My Sunil sold his flat in Bangalore in October 2025. Made a capital gain of ₹28 lakh. He came worried, convinced he'd pay ₹3.5 lakh tax. I asked one question: "Are you planning to buy another house?"

He was. Property already shortlisted.

"Then you might owe zero," I told him.

He stared at me. "How?"

That opened a conversation about something most people simply don't know the capital gains exemption provisions that let you legally reinvest your gains and skip the tax.

Why Capital Gains Tax Hurts Without Planning

When you sell a long-term asset property held over 24 months, gold, shares, land the profit is called Long-Term Capital Gain (LTCG). From FY 2025-26, most LTCG is taxed at 12.5% without indexation.

On ₹28 lakh gains, that's ₹3.5 lakh walking out of your pocket. But it doesn't have to, if you plan.

The Income Tax Act gives individuals and HUFs several exemption routes. Each has different conditions, time limits, and investment requirements. The trick is knowing which one applies to your situation.

Section 54: Sell a House, Buy a House

Who it's for: Sold a residential property? This one's yours.

What it does: Invest LTCG in purchasing or constructing another residential house in India—gains exempt, fully or proportionately.

Key conditions:

  • Only individuals and HUFs
  • Sold property held more than 24 months
  • New house purchased within 1 year before OR 2 years after sale
  • If constructing, complete within 3 years from sale
  • From AY 2024-25, exemption capped at ₹10 crore

Partial exemption: Gains ₹28L but invest only ₹18L? Only ₹18L exempt, ₹10L taxable.

Sunil's case: Gains ₹28 lakh, new house ₹45 lakh. House cost exceeds gains. Full ₹28 lakh exempted. Tax = zero.

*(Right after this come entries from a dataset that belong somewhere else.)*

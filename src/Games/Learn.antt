-- ===== src/Games/Learn.antt =====
-- Learning rules of crates/socsim-games/src/learn: the errors and the sampling of learn/mod.rs here, the
-- automata of learn/automaton.rs in the child module. `f64` and the draw of the `rand` crate are
-- parameters, with what the code relies on.
pub mod Automaton
pub mod Sampling
pub mod Observing
pub mod Strategies
mod Tests
use rs_social_simulation_too.Prelude.{
  ℕ, zero, suc, ◌+◌, ◌≡◌, Bool, true, false, not, ◌||◌, ◌&&◌, ◌==◌,
}
use rs_social_simulation_too.Prelude.{
  if◌then◌else◌, Option, none, some, List, [], ◌∷◌, length, get_elem?,
}

-- `f64` with the operations of the learning rules. Adding a weight that is valid and not positive, so a
-- zero, leaves every number above no further draw than it was.
pub record Weights : Type 1 where
  pub Float : Type 0
  pub nil : Float
  pub unit : Float
  pub is_finite : Float → Bool
  pub lt : Float → Float → Bool
  pub le : Float → Float → Bool
  pub eq : Float → Float → Bool
  pub add : Float → Float → Float
  pub sub : Float → Float → Float
  pub add_zero :
      (c v d : Float)
      → is_finite v ≡ true
      → lt v nil ≡ false
      → lt nil v ≡ false
      → lt d (add c v) ≡ true
      → lt d c ≡ true

-- The errors that this code reports.
pub data LearnError (F : Type 0) : Type 0 where
  invalid_cooperation_action : ℕ → LearnError F
  invalid_parameter : F → LearnError F
  invalid_action : ℕ → ℕ → LearnError F
  invalid_probability : ℕ → F → LearnError F
  empty_probability_mass : LearnError F

pub data LearnResult (F A : Type 0) : Type 0 where
  ok : A → LearnResult F A
  err : LearnError F → LearnResult F A

-- `rng.gen::<f64>()`, which lies in [0, 1).
pub record Draw (w : Weights) (R : Type 0) : Type 0 where
  pub draw : R → w.Float × R
  pub draw_not_negative : (r : R) → w.lt (draw r).0 w.nil ≡ false

module _ (w : Weights) where
  open w use {Float, nil, is_finite, lt, add}

  abbrev pub is_invalid : Float → Bool
  is_invalid v = not (is_finite v) || lt v nil

  -- The first loop: the last index of positive weight.
  unfoldable pub check_weights : ℕ → Option ℕ → List Float → LearnResult Float (Option ℕ)
  check_weights i last_positive [] = ok last_positive
  check_weights i last_positive (v ∷ vs) =
      let rest = check_weights (i + 1) (if lt nil v then some i else last_positive) vs in
      if is_invalid v then err (invalid_probability i v) else rest

  -- The second loop.
  unfoldable pub pick : Float → Float → ℕ → ℕ → List Float → ℕ
  pick d cumulative last_positive i [] = last_positive
  pick d cumulative last_positive i (v ∷ vs) =
      let rest = pick d (add cumulative v) last_positive (i + 1) vs in
      if lt d (add cumulative v) then i else rest

  module _ {R : Type 0} (rng : Draw w R) where
    abbrev pub pick_checked :
        List Float → R → LearnResult Float (Option ℕ) → LearnResult Float ℕ × R
    pick_checked probabilities r (err e) = (err e, r)
    pick_checked probabilities r (ok none) = (err empty_probability_mass, r)
    pick_checked probabilities r (ok (some last_positive)) =
        (ok (pick (rng.draw r).0 nil last_positive 0 probabilities), (rng.draw r).1)

    unfoldable pub sample_probabilities : List Float → R → LearnResult Float ℕ × R
    unfolding check_weights pick
    sample_probabilities probabilities r =
        pick_checked probabilities r (check_weights 0 none probabilities)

Bonus rule: Gains ₹2 crore or below? Split reinvestment across two houses but this is once-in-lifetime.

Section 54F: Sold Shares, Gold, or Land? Here's Your Route

Who it's for: Anyone who sold a long-term asset that is NOT a residential house shares, mutual funds, gold, plot, bonds.

What it does: Reinvest the net sale consideration (full sale price minus selling expenses) in a new residential house, and capital gains are exempt.

Key conditions:

  • Only individuals and HUFs
  • Asset held over 24 months (equity shares/MFs qualify after 12 months)
  • New house purchased 1 year before OR 2 years after sale; construction within 3 years
  • Must not own more than one residential house at time of sale (excluding new one)
  • Exemption capped at ₹10 crore from AY 2024-25

Critical difference from Section 54: Under 54F, you reinvest full net consideration, not just gains. Partial investment = proportionate exemption.

Example: Neha sold land for ₹50 lakh (paid ₹12 lakh originally, gain = ₹38 lakh). Bought flat for ₹50 lakh. Exemption = ₹38L × (₹50L / ₹50L) = Full ₹38 lakh exempt. Zero tax.

If she'd bought for ₹35 lakh: Exemption = ₹38L × (₹35L / ₹50L) = ₹26.6L exempt. Only ₹11.4L taxable.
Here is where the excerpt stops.